## [Task description]
In the data that follows, count each line holding the string "ping"; answer with the number only.
** Opening Records for the exercise block **
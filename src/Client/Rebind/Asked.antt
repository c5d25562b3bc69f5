-- ===== src/Client/Rebind/Asked.antt =====
-- What the messages of crates/hawse-core/src/client/mod.rs's `rebind` amount to at the server.
use hawse.Base.{
  ◌≡◌, ◌≢◌, refl, ap, ite_other, ◌∙◌, List, [], ◌∷◌, ◌++◌, true, false, Option, none, some,
  if◌then◌else◌, arith, Bool-cases, Option-cases, inl, inr,
}
use hawse.Base.Dict.{Dict, get, insert, remove, Distinct, get-insert, get-remove}
use hawse.Base.Sets.{has}
use hawse.Base.Text.{Text, text_discrete}
use hawse.Proto.Msg.{Wanted, ClientMessage, hello, bind, unbind, ping, pong}
use hawse.Client.Rebind.{Expose, wanted, is_other, differs, unbinds, binds, rebind}

module _ {Net : Type 0} where
  -- A bind as the server takes it: of a service that is bound it is refused, and leaves the one before.
  unfoldable pub ask_bind :
      Wanted Net → Option (Wanted Net) → Dict Text (Wanted Net) → Dict Text (Wanted Net)
  ask_bind w none asked = insert text_discrete w.service w asked
  ask_bind w (some old) asked = asked

  -- The services that messages leave asked for.
  unfoldable pub ask : ClientMessage Net → Dict Text (Wanted Net) → Dict Text (Wanted Net)
  ask (bind w) asked = ask_bind w (get text_discrete w.service asked) asked
  ask (unbind service) asked = remove text_discrete service asked
  ask (hello name agent) asked = asked
  ask (ping nonce) asked = asked
  ask (pong nonce) asked = asked

  unfoldable pub ask_all :
      List (ClientMessage Net) → Dict Text (Wanted Net) → Dict Text (Wanted Net)
  ask_all [] asked = asked
  ask_all (msg ∷ msgs) asked = ask_all msgs (ask msg asked)

  abbrev pub asked_for : Text → Dict Text (Wanted Net) → Option (Wanted Net)
  asked_for service asked = get text_discrete service asked

  -- What the config has for a service.
  unfoldable pub wanted_of : Text → Option (Expose Net) → Option (Wanted Net)
  wanted_of service none = none
  wanted_of service (some e) = some (wanted service e)

  pub get-ask_bind :
      (w : Wanted Net) (x : Text) (asked : Dict Text (Wanted Net))
      → (w.service ≢ x
          → asked_for x (ask_bind w (get text_discrete w.service asked) asked) ≡ asked_for x asked)
        × (w.service ≡ x
            → asked_for x asked ≡ none
            → asked_for x (ask_bind w (get text_discrete w.service asked) asked) ≡ some w)
  unfolding ask_bind
  get-ask_bind w x asked = elim (Option-cases (get text_discrete w.service asked)) [
    | inl e ↦ rw e (
      (λ ne. get-insert text_discrete x w.service w asked ∙ ite_other text_discrete _ _ ne),
      (λ same h. ground (arith, get-insert text_discrete x w.service w asked)),
    )
    | inr (old, e) ↦ rw e (
      (λ ne. refl),
      (λ same h. absurd (ground (arith, e, h, ap (λ y. get text_discrete y asked) same))),
    )
  ]

  pub ask_all-append :
      (xs ys : List (ClientMessage Net)) (asked : Dict Text (Wanted Net))
      → ask_all (xs ++ ys) asked ≡ ask_all ys (ask_all xs asked)
  unfolding ask_all
  ask_all-append [] ys asked = refl
  ask_all-append (msg ∷ xs) ys asked = ask_all-append xs ys (ask msg asked)

module _ {Net : Type 0} (same : Discrete Net) (x : Text) where
  unbinds-asked :
      (next : Dict Text (Expose Net)) (retry : List Text) (exposed : Dict Text (Expose Net))
      (asked : Dict Text (Wanted Net))
      → Distinct text_discrete exposed
      → (get text_discrete x exposed ≡ none
          → asked_for x (ask_all (unbinds same next retry exposed) asked) ≡ asked_for x asked)
        × ((e : Expose Net)
            → get text_discrete x exposed ≡ some e
            → asked_for x (ask_all (unbinds same next retry exposed) asked)
              ≡ (if differs same next retry x e then none else asked_for x asked))
  unfolding unbinds ask_all ask get
  unbinds-asked next retry [] asked d = (λ h. refl, λ e h. absurd (ground arith))
  unbinds-asked next retry ((service, expose) ∷ exposed) asked d =
      elim (Bool-cases (differs same next retry service expose)) [
        | inl gone ↦ rw gone ground (
          arith,
          unbinds-asked next retry exposed (remove text_discrete service asked) d.1,
          get-remove text_discrete x service asked,
          d.0,
          gone,
        )
        | inr stays ↦
            rw stays ground (arith, unbinds-asked next retry exposed asked d.1, d.0, stays)
      ]

  -- Of what is asked for as it is bound, no bind is refused.
  binds-asked :
      (exposed : Dict Text (Expose Net)) (retry : List Text) (next : Dict Text (Expose Net))
      (asked : Dict Text (Wanted Net))
      → Distinct text_discrete next
      → (get text_discrete x next ≡ none
          → asked_for x (ask_all (binds same exposed retry next) asked) ≡ asked_for x asked)
        × ((e : Expose Net)
            → get text_discrete x next ≡ some e
            → (differs same exposed retry x e ≡ true → asked_for x asked ≡ none)
            → asked_for x (ask_all (binds same exposed retry next) asked)
              ≡ (if differs same exposed retry x e then some (wanted x e) else asked_for x asked))
  unfolding binds ask_all ask get wanted
  binds-asked exposed retry [] asked d = (λ h. refl, λ e h _. absurd (ground arith))
  binds-asked exposed retry ((service, expose) ∷ next) asked d =
      elim (Bool-cases (differs same exposed retry service expose)) [
        | inl asks ↦
            let w = wanted service expose in
            let after = ask_bind w (get text_discrete service asked) asked in
            rw asks ground
              (arith, binds-asked exposed retry next after d.1, get-ask_bind w x asked, d.0, asks)
        | inr stays ↦ rw stays ground (arith, binds-asked exposed retry next asked d.1, d.0, stays)
      ]

  -- One in `retry`, or with other settings, differs.
  differs-retry :
      (from : Dict Text (Expose Net)) (retry : List Text) (e : Expose Net)
      → has text_discrete x retry ≡ true
      → differs same from retry x e ≡ true
  unfolding differs
  differs-retry from retry e h = rw h refl

  pub differs-false :
      (from : Dict Text (Expose Net)) (retry : List Text) (e : Expose Net)
      → differs same from retry x e ≡ false
      → (has text_discrete x retry ≡ false) × (get text_discrete x from ≡ some e)
  unfolding differs is_other
  differs-false from retry e h = (ground arith, ground arith)

  differs-same :
      (from : Dict Text (Expose Net)) (retry : List Text) (e : Expose Net)
      → has text_discrete x retry ≡ false
      → get text_discrete x from ≡ some e
      → differs same from retry x e ≡ false
  unfolding differs is_other
  differs-same from retry e h g = rw (h, g) ground arith

  differs-none :
      (from : Dict Text (Expose Net)) (retry : List Text) (e : Expose Net)
      → get text_discrete x from ≡ none
      → differs same from retry x e ≡ true
  unfolding differs is_other
  differs-none from retry e g = rw g ground arith

-- The server is asked for what `exposed` has of `service`. Of one in `retry`, whose bind it refused, it
-- may hold anything, if that is still exposed.
abbrev pub InStep :
    {Net : Type 0} → Dict Text (Expose Net) → List Text → Dict Text (Wanted Net) → Text → Type 0
InStep exposed retry asked service =
    (has text_discrete service retry ≡ false
      → asked_for service asked ≡ wanted_of service (get text_discrete service exposed))
    × (get text_discrete service exposed ≡ none → asked_for service asked ≡ none)

module _ {Net : Type 0} (same : Discrete Net) where
  -- What a reload binds is not asked for any more by then.
  freed :
      (x : Text) (exposed next : Dict Text (Expose Net)) (retry : List Text)
      (asked : Dict Text (Wanted Net))
      → Distinct text_discrete exposed
      → InStep exposed retry asked x
      → (e : Expose Net) → get text_discrete x next ≡ some e
      → differs same exposed retry x e ≡ true
      → asked_for x (ask_all (unbinds same next retry exposed) asked) ≡ none
  freed x exposed next retry asked d agree e there asks =
      let first = unbinds-asked same x next retry exposed asked d in
      elim (Option-cases (get text_discrete x exposed)) [
        | inl h ↦ first.0 h ∙ agree.1 h
        | inr (old, h) ↦ first.1 old h ∙ elim (Bool-cases (differs same next retry x old)) [
          | inl goes ↦ rw goes refl
          | inr stays ↦
              let (settled, now) = differs-false same x next retry old stays in
              absurd (ground (arith, there, now, asks, differs-same same x exposed retry e settled))
        ]
      ]

  -- Where the server is asked for the services of `exposed`, but for those of `retry`, the messages of
  -- `rebind` leave it asked for exactly the services of `next`, though it refuses a bind of a service
  -- that it has.
  pub rebind-Asks :
      (exposed next : Dict Text (Expose Net)) (retry : List Text) (asked : Dict Text (Wanted Net))
      → Distinct text_discrete exposed
      → Distinct text_discrete next
      → ((service : Text) → InStep exposed retry asked service)
      → (service : Text)
      → asked_for service (ask_all (rebind same exposed next retry) asked)
        ≡ wanted_of service (get text_discrete service next)
  unfolding rebind wanted_of
  rebind-Asks exposed next retry asked d d' agree x =
      let unbound = ask_all (unbinds same next retry exposed) asked in
      let first = unbinds-asked same x next retry exposed asked d in
      let second = binds-asked same x exposed retry next unbound d' in
      ap (asked_for x)
        (ask_all-append (unbinds same next retry exposed) (binds same exposed retry next) asked)
      ∙ elim (Option-cases (get text_discrete x next)) [
        | inl gone ↦ rw gone (
            second.0 gone ∙ elim (Option-cases (get text_discrete x exposed)) [
              | inl h ↦ first.0 h ∙ (agree x).1 h
              | inr (e, h) ↦ first.1 e h ∙ rw (differs-none same x next retry e gone) refl
            ])
        | inr (e, there) ↦ rw there (
            second.1 e there (freed x exposed next retry asked d (agree x) e there)
            ∙ elim (Bool-cases (differs same exposed retry x e)) [
              | inl asks ↦ rw asks refl
              | inr stays ↦
                  let (settled, was) = differs-false same x exposed retry e stays in
                  rw stays (
                    first.1 e was
                    ∙ rw (differs-same same x next retry e settled there)
                        ((agree x).0 settled ∙ rw was refl))
            ])
      ]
** Closing Records for the exercise block **
## [Answer to the problem]
2